-- Records for processing follows --
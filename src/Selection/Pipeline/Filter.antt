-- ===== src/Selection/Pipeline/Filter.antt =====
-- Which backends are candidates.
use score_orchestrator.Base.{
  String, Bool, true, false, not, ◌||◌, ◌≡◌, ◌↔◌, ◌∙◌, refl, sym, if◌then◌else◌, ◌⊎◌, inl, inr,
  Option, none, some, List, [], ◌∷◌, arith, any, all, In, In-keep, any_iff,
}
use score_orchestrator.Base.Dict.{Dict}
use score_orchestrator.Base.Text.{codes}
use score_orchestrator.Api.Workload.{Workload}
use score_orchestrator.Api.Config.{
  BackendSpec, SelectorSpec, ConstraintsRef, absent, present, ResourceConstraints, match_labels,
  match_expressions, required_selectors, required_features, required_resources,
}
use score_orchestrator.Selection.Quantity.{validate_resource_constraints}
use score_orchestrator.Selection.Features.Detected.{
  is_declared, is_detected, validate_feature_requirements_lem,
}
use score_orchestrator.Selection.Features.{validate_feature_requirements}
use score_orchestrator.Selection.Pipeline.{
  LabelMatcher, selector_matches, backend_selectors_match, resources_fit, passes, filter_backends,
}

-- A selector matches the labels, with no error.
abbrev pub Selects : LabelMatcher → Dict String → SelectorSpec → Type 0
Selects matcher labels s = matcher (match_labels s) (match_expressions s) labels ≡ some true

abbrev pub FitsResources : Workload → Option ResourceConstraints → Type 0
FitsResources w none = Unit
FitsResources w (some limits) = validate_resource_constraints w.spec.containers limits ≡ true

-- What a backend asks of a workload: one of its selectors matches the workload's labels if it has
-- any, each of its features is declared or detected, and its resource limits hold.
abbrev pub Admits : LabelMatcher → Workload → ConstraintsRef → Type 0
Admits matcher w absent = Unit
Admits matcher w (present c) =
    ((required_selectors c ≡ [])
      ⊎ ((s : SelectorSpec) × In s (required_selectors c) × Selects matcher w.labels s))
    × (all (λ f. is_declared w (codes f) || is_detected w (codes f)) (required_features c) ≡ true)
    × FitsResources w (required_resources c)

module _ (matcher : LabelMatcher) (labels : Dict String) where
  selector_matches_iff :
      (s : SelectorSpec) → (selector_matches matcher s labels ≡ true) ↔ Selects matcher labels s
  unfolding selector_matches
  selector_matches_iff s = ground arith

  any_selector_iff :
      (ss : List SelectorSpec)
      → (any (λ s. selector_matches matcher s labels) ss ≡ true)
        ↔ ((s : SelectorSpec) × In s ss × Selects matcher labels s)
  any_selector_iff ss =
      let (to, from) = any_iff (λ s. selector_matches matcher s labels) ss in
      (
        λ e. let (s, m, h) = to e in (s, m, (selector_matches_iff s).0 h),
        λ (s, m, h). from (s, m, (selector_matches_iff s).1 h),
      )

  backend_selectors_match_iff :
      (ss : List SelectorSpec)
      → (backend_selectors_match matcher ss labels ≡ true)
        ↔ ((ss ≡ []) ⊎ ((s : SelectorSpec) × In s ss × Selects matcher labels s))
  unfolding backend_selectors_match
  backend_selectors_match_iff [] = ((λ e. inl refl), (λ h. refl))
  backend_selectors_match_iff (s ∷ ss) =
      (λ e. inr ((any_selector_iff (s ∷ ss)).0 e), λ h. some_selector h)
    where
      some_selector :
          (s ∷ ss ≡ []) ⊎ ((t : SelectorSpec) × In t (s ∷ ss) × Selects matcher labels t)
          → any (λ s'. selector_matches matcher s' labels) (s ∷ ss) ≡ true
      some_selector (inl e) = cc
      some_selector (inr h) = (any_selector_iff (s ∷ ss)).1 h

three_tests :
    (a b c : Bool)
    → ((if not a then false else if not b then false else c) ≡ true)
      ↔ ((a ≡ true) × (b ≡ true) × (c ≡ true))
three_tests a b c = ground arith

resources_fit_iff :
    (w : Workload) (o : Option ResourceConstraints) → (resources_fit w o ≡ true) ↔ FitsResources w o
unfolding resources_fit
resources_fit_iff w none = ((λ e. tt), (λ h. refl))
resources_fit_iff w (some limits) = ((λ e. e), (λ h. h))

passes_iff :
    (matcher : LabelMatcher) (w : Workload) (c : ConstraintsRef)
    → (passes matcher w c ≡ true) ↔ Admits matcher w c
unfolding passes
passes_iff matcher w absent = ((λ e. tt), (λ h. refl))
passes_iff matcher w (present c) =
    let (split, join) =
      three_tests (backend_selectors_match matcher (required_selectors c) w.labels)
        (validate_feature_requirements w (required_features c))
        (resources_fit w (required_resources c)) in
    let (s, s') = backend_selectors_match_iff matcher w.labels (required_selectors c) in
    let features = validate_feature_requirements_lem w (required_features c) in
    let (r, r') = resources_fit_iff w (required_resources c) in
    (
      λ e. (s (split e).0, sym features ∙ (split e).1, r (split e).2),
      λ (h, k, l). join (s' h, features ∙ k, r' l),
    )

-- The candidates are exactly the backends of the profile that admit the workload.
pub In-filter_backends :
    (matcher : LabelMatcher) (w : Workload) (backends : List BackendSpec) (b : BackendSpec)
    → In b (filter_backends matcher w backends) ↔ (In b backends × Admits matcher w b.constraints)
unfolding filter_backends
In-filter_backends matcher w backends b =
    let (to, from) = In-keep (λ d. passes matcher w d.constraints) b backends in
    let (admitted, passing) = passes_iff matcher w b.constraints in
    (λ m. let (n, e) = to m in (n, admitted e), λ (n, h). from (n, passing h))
-- Records for processing concluded --
** What you will do **
Write out each line above containing "split".

** Response to this exercise **
    let (split, join) =
      λ e. (s (split e).0, sym features ∙ (split e).1, r (split e).2),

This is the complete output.